In tabr: Music Notation Syntax, Manipulation, Analysis and Transcription in R

#' Create a musical phrase from string/fret combinations
#'
#' Create a musical phrase from character strings that define string numbers,
#' fret numbers and note metadata. This function is a wrapper around
#' [phrase()].
#'
#' Note: This alternate specification wrapper is not receiving further support
#' and will be removed in a future version of `tabr`.
#'
#' This alternate syntax allows for specifying string/fret combinations instead
#' of unambiguous pitch as is used by `phrase()`. In order to remove ambiguity,
#' it is critical to specify the instrument string tuning and key signature. It
#' essentially uses `string` and `fret` in combination with a known tuning and
#' key signature to generate `notes` for [phrase()]. `info` is passed straight
#' through to `phrase()`, as is `string` once it is done being used to help
#' derive `notes`.
#'
#' @details
#' See the main function `phrase` for general details on phrase
#' construction.
#'
#' @section Comparison with `phrase()`:
#' This function is a wrapper function for users not working with musical notes
#' (what to play), but rather just position on the guitar neck (where to play).
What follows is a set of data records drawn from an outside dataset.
-- ===== src/Client/Values.antt =====
-- The values that client/diag_tool.py reads by identifier, against the ECU of src/.
use vecu_uds.Types.Sid
use vecu_uds.App
use vecu_uds.Base.{
  ◌<◌, ltb, bit_and, ◌^◌, if◌then◌else◌, ◌>>>◌, ◌*◌, u8, ap, ◌∙◌, ◌≤◌, length, ◌+◌, List, ℕ, ◌≡◌,
  refl, arith, [], ◌∷◌, some,
}
use vecu_uds.Client.{DidCodec, Udsoncan, ok}
use vecu_uds.Uds.Reply.{rd16_be, reply}
use vecu_uds.Uds.Identifiers.{did_response, entry_payload, read_did, filled}
use vecu_uds.Uds.Dispatch.{process_request}
use vecu_uds.Clock.{Env}
use vecu_uds.Did.{app_read_rpm, app_read_coolant, app_read_speed, lookup, DidEntry}
use vecu_uds.Vecu.{
  read_entry, serial_data, call_read, vin_data, static_entry, codes, registered_dids, Vecu,
}
use vecu_uds.Client.Ecu.{wire, Bench}
use vecu_uds.Client.Documented.{Documented}
use vecu_uds.Client.Codecs.{raw_codec, codecs}
use vecu_uds.Client.Calls.{wire_step, next}
use vecu_uds.Types.{max_msg_len}

abbrev did_request : ℕ → ℕ → List ℕ
did_request high low = Sid.read_data_by_identifier ∷ high ∷ low ∷ []

value_step :
    (env : Env) (high low resp_cap : ℕ) (e : DidEntry) (payload : List ℕ) (s : Vecu)
    → s.dids ≡ registered_dids
    → lookup (rd16_be (did_request high low) 1) registered_dids ≡ some e
    → entry_payload e.static_data e s ≡ filled payload
    → did_response (did_request high low) payload ≡ 0x62 ∷ high ∷ low ∷ payload
    → 3 + length payload ≤ resp_cap
    → process_request env (did_request high low) resp_cap s
      ≡ (reply (0x62 ∷ high ∷ low ∷ payload), s)
unfolding process_request read_did
value_step env high low resp_cap e payload s table found held echoed room = ground arith

module _ (lib : Udsoncan Bench) (envs : ℕ → Env) (doc : Documented lib (wire envs)) (b : Bench)
    (table : b.vecu.dids ≡ registered_dids) where
  abbrev pub Reads : ℕ → List ℕ → Type 0
  Reads did value =
      lib.read_data_by_identifier (codecs lib.ascii_codec) did b ≡ (ok value, next b b.vecu)

  value_call :
      (high low : ℕ) (codec : DidCodec) (e : DidEntry) (payload : List ℕ)
      → high < 2 ^ 8
      → low < 2 ^ 8
      → codecs lib.ascii_codec (high * 2 ^ 8 + low) ≡ some codec
      → lookup (rd16_be (did_request high low) 1) registered_dids ≡ some e
      → entry_payload e.static_data e b.vecu ≡ filled payload
      → did_response (did_request high low) payload ≡ 0x62 ∷ high ∷ low ∷ payload
      → codec.len ≡ length payload
      → length payload ≤ 17
      → Reads (high * 2 ^ 8 + low) (codec.decode payload)
  value_call high low codec e payload high_byte low_byte known found held echoed fits short =
      let step =
        value_step (envs b.asked) high low max_msg_len e payload b.vecu table found held echoed
          (omega arith) in
      (doc.read (codecs lib.ascii_codec) codec high low high_byte low_byte known).accepted b _ _ _
        (wire_step envs _ _ b b.vecu step) (rw fits (ground arith))

  pub vin_call : Reads 0xF190 (codes "VF1234567890ABCDE")
  unfolding codecs lookup registered_dids
  vin_call =
      value_call 0xF1 0x90 (lib.ascii_codec 17) (static_entry 0xF190 vin_data 17)
        (codes "VF1234567890ABCDE") (omega arith) (omega arith) refl refl refl refl
        (doc.ascii_len 17) (omega arith)
      ∙ ap (λ v. (ok v, next b b.vecu)) (doc.ascii_decode 17 (codes "VF1234567890ABCDE") refl refl)

  pub serial_call : Reads 0xF18C (codes "ECU-DEMO-001")
  unfolding codecs lookup registered_dids
  serial_call =
      value_call 0xF1 0x8C (lib.ascii_codec 12) (static_entry 0xF18C serial_data 12)
        (codes "ECU-DEMO-001") (omega arith) (omega arith) refl refl refl refl (doc.ascii_len 12)
        (omega arith)
      ∙ ap (λ v. (ok v, next b b.vecu)) (doc.ascii_decode 12 (codes "ECU-DEMO-001") refl refl)

  pub rpm_call : Reads 0x010C (u8 (b.vecu.app.rpm >>> 8) ∷ u8 (bit_and b.vecu.app.rpm 0xFF) ∷ [])
  unfolding codecs lookup registered_dids call_read App.read_rpm
  rpm_call =
      value_call 0x01 0x0C (raw_codec 2) (read_entry 0x010C app_read_rpm) _ (omega arith)
        (omega arith) refl refl refl refl refl (omega arith)

  pub speed_call : Reads 0x010D (b.vecu.app.speed_kmh ∷ [])
  unfolding codecs lookup registered_dids call_read App.read_speed
  speed_call =
      value_call 0x01 0x0D (raw_codec 1) (read_entry 0x010D app_read_speed) _ (omega arith)
        (omega arith) refl refl refl refl refl (omega arith)

  pub coolant_call :
      Reads 0x0105
        (u8 (if ltb 255 (b.vecu.app.coolant_c + 40) then 255 else b.vecu.app.coolant_c + 40) ∷ [])
  unfolding codecs lookup registered_dids call_read App.read_coolant
  coolant_call =
      value_call 0x01 0x05 (raw_codec 1) (read_entry 0x0105 app_read_coolant) _ (omega arith)
        (omega arith) refl refl refl refl refl (omega arith)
#' This approach has conveniences, but is more limiting.
#' In order to remove ambiguity, it is necessary to specify the instrument
#' `tuning` and the `key` signature.
#'
#' In the standard approach with `phrase()` you specify what to play;
#' specifying exactly where to play is optional, but highly recommended (by
#' providing `string`).
#' With `sf_phrase()`, the `string` argument is of course required along with
#' `fret`.
#' But any time the tuning changes, this "where to play" method breaks down and
#' must be redone. It is more robust to provide the string and pitch rather
#' than the string and fret.
#' The `key` is additionally important because it is the only way to
#' indicate if accidentals should be notated as sharps or flats.
#'
#' This wrapper also increases redundancy and typing. In order to specify rests
#' `r`, silent rests `s`, and tied notes `~`, these must now be providing in
#' parallel in both the `string` and `fret` arguments, whereas in the standard
#' method using `phrase()`, they need only be provided once to `notes`.
#' A mismatch will throw an error. Despite the redundancy, this is helpful for
#' ensuring proper match up between `string` and `fret`, which is essentially a
#' dual entry method that aims to reduce itself inside `sf_phrase()` to a single
#' `notes` string that is passed internally to `phrase()`.
#'
#' The important thing to keep in mind is that by its nature, this method of
#' writing out music does not lend itself well to high detail.
#' Tabs that are informed by nothing but string and fret number remove a lot of
#' important information, and those that attempt to compensate with additional
#' symbols in say, an ascii tab, are difficult to read.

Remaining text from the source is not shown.